- The task: Retype each line of the listing below, from the first through the one holding "rl; commands = w.commands", with no other lines.
Segment Start: Supplied information
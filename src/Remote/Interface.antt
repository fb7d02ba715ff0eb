-- ===== src/Remote/Interface.antt =====
-- The cookie and the interface name that `wpa_ctrl_open` asks for over UDP.
use wpa_supplicant_ex.Shared.{
  ℕ, ◌≤◌, ◌<◌, ◌≡◌, refl, ap, ap₂, ◌∙◌, List, [], ◌∷◌, ◌++◌, Option, none, some, true, arith, ◌==◌,
  if◌then◌else◌, length, take, set, overwrite, take-all, length-take, length-set, length-overwrite,
  append_assoc,
}
use wpa_supplicant_ex.Kernel.{
  World, returned, ◌>>=◌, return, bind-at, SendAnswer, sent, SelectAnswer, ready, RecvAnswer,
  datagram,
}
use wpa_supplicant_ex.Api.{replied}
use wpa_supplicant_ex.Ctrl.{wpa_ctrl_request}
use wpa_supplicant_ex.Ctrl.Exchange.{IsEvent, cut, reply_loop-reply, wpa_ctrl_request-sent}
use wpa_supplicant_ex.Strings.{c_string}
use wpa_supplicant_ex.Remote.{
  Network, NetEffect, allocate, release, buffer_effect, taken_effect, fetch_ifname, Endpoint,
  UdpCtrl, take_name, fetch_names, request_udp, with_cookie, get_cookie, ifname,
}
use wpa_supplicant_ex.Remote.Names.{with_cookie_lem}

-- The string in an array, where a reply has been copied and ended.
pub c_string-ended :
    (xs buf : List ℕ)
    → length xs < length buf
    → c_string (set (overwrite xs buf) (length xs) 0) ≡ c_string xs
c_string-ended [] [] h = absurd (omega arith)
c_string-ended [] (y ∷ buf) h = refl
c_string-ended (x ∷ xs) [] h = absurd (omega arith)
c_string-ended (x ∷ xs) (y ∷ buf) h =
    ap (λ r. if x == 0 then [] else (x ∷ r)) (c_string-ended xs buf (omega arith))

request_answered :
    (cmd buf d : List ℕ) (limit : ℕ) (sl : List SendAnswer) (sel : List SelectAnswer)
    (rl : List RecvAnswer) (w : World)
    → 0 < limit
    → limit ≤ length buf
    → ¬ IsEvent d
    → w.sends ≡ sent ∷ sl
    → w.selects ≡ ready ∷ sel
    → w.recvs ≡ datagram d ∷ rl
    → wpa_ctrl_request cmd buf limit none w
      ≡ returned
          (replied (overwrite (take limit d) buf) (length (take limit d)))
          (record w { sends = sl; selects = sel; recvs = rl; commands = w.commands ++ (cmd ∷ []) })
unfolding cut
request_answered cmd buf d limit sl sel rl w pos fits reply sends selects recvs =
    wpa_ctrl_request-sent cmd buf limit none sl (ready ∷ sel) w sends selects
    ∙ reply_loop-reply limit buf d pos fits none sel rl
        (record w { sends = sl; commands = w.commands ++ (cmd ∷ []) }) reply recvs

module _ (net : Network) (dest : Endpoint) (ip : Option (List ℕ)) (buf c d : List ℕ)
    (log : List NetEffect) where
  -- When there is memory for both names and for the command behind the cookie, and both requests are
  -- answered at once, the cookie by `c` of one to 127 bytes and the interface name by `d`, neither of
  -- them an event: both come back as strings, but of the name no more bytes than the cookie had, as
  -- `len` is not set again between the requests. The second request goes behind the cookie; its buffer is
  -- allocated and released, and the two strings are allocated.
  pub fetch_names-cuts :
      (sl : List SendAnswer) (sel : List SelectAnswer) (rl : List RecvAnswer) (w : World)
      → net.strdup_cookie ≡ true
      → net.strdup_ifname ≡ true
      → net.malloc_cmd ifname ≡ true
      → length buf ≡ 128
      → 0 < length c
      → length c < 128
      → ¬ IsEvent c
      → ¬ IsEvent d
      → w.sends ≡ sent ∷ sent ∷ sl
      → w.selects ≡ ready ∷ ready ∷ sel
      → w.recvs ≡ datagram c ∷ datagram d ∷ rl
      → fetch_names net buf
          (record { dest = dest; cookie = none; remote_ifname = none; remote_ip = ip })
          log
          w
        ≡ returned
            (
              some (record {
                dest = dest;
                cookie = some (c_string c);
                remote_ifname = some (c_string (take (length c) d));
                remote_ip = ip;
              }),
              (log ++ (allocate ∷ [])) ++ (allocate ∷ release ∷ allocate ∷ []),
            )
            (record w {
              sends = sl;
              selects = sel;
              recvs = rl;
              commands = w.commands ++ (get_cookie ∷ (c_string c ++ (b' ' ∷ ifname)) ∷ []);
            })
  unfolding fetch_names fetch_ifname request_udp take_name
  fetch_names-cuts sl sel rl w dup_c dup_n room sized some_byte short cookie name sends selects
        recvs =
      rw (dup_c, dup_n, room)
        (bind-at (wpa_ctrl_request get_cookie buf 127 none) _ w (
            request_answered get_cookie buf c 127 (sent ∷ sl) (ready ∷ sel) (datagram d ∷ rl) w
              (omega arith) (omega (arith, sized)) cookie sends selects recvs
            ∙ ap (λ s. returned (replied (overwrite s buf) (length s)) told)
                (take-all 127 c (omega arith)))
          ∙ ap
              (λ ck.
                (wpa_ctrl_request (with_cookie (some ck) ifname) kept (length c) none >>= λ q.
                return (named (some ck) (take_name true kept (length c) q).2))
                  told)
              (c_string-ended c buf (omega (arith, sized)))
          ∙ bind-at (wpa_ctrl_request (with_cookie (some (c_string c)) ifname) kept (length c) none)
              _ told
              (request_answered (with_cookie (some (c_string c)) ifname) kept d (length c) sl sel rl
                told some_byte (omega (arith, length-kept, sized)) name refl refl refl)
          ∙ ap₂
              (λ sent_now text.
                returned (named (some (c_string c)) (some text))
                  (record w { sends = sl; selects = sel; recvs = rl; commands = sent_now }))
              (append_assoc w.commands (get_cookie ∷ [])
                  (with_cookie (some (c_string c)) ifname ∷ [])
                ∙ ap (λ x. w.commands ++ (get_cookie ∷ x ∷ []))
                    (with_cookie_lem (c_string c) ifname))
              (c_string-ended (take (length c) d) kept
                (omega (arith, length-kept, sized, length-take (length c) d))))
    where
      told : World
      told = record w {
        sends = sent ∷ sl;
        selects = ready ∷ sel;
        recvs = datagram d ∷ rl;
        commands = w.commands ++ (get_cookie ∷ []);
      }

      kept : List ℕ
      kept = set (overwrite c buf) (length c) 0

      length-kept : length kept ≡ length buf
      length-kept = length-set (overwrite c buf) (length c) 0 ∙ length-overwrite c buf

      named : Option (List ℕ) → Option (List ℕ) → Option UdpCtrl × List NetEffect
      named ck text = (
        some (record { dest = dest; cookie = ck; remote_ifname = text; remote_ip = ip }),
        (log ++ (allocate ∷ [])) ++ (buffer_effect true ck ++ taken_effect text),
      )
Segment End: Supplied information
- Result below:
filename src/Remote/Interface.antt
repository fb7d02ba715ff0eb
-- ===== src/Remote/Interface.antt =====
-- The cookie and the interface name that `wpa_ctrl_open` asks for over UDP.
use wpa_supplicant_ex.Shared.{
  ℕ, ◌≤◌, ◌<◌, ◌≡◌, refl, ap, ap₂, ◌∙◌, List, [], ◌∷◌, ◌++◌, Option, none, some, true, arith, ◌==◌,
  if◌then◌else◌, length, take, set, overwrite, take-all, length-take, length-set, length-overwrite,
  append_assoc,
}
use wpa_supplicant_ex.Kernel.{
  World, returned, ◌>>=◌, return, bind-at, SendAnswer, sent, SelectAnswer, ready, RecvAnswer,
  datagram,
}
use wpa_supplicant_ex.Api.{replied}
use wpa_supplicant_ex.Ctrl.{wpa_ctrl_request}
use wpa_supplicant_ex.Ctrl.Exchange.{IsEvent, cut, reply_loop-reply, wpa_ctrl_request-sent}
use wpa_supplicant_ex.Strings.{c_string}
use wpa_supplicant_ex.Remote.{
  Network, NetEffect, allocate, release, buffer_effect, taken_effect, fetch_ifname, Endpoint,
  UdpCtrl, take_name, fetch_names, request_udp, with_cookie, get_cookie, ifname,
}
use wpa_supplicant_ex.Remote.Names.{with_cookie_lem}

-- The string in an array, where a reply has been copied and ended.
pub c_string-ended :
    (xs buf : List ℕ)
    → length xs < length buf
    → c_string (set (overwrite xs buf) (length xs) 0) ≡ c_string xs
c_string-ended [] [] h = absurd (omega arith)
c_string-ended [] (y ∷ buf) h = refl
c_string-ended (x ∷ xs) [] h = absurd (omega arith)
c_string-ended (x ∷ xs) (y ∷ buf) h =
    ap (λ r. if x == 0 then [] else (x ∷ r)) (c_string-ended xs buf (omega arith))

request_answered :
    (cmd buf d : List ℕ) (limit : ℕ) (sl : List SendAnswer) (sel : List SelectAnswer)
    (rl : List RecvAnswer) (w : World)
    → 0 < limit
    → limit ≤ length buf
    → ¬ IsEvent d
    → w.sends ≡ sent ∷ sl
    → w.selects ≡ ready ∷ sel
    → w.recvs ≡ datagram d ∷ rl
    → wpa_ctrl_request cmd buf limit none w
      ≡ returned
          (replied (overwrite (take limit d) buf) (length (take limit d)))
          (record w { sends = sl; selects = sel; recvs = rl; commands = w.commands ++ (cmd ∷ []) })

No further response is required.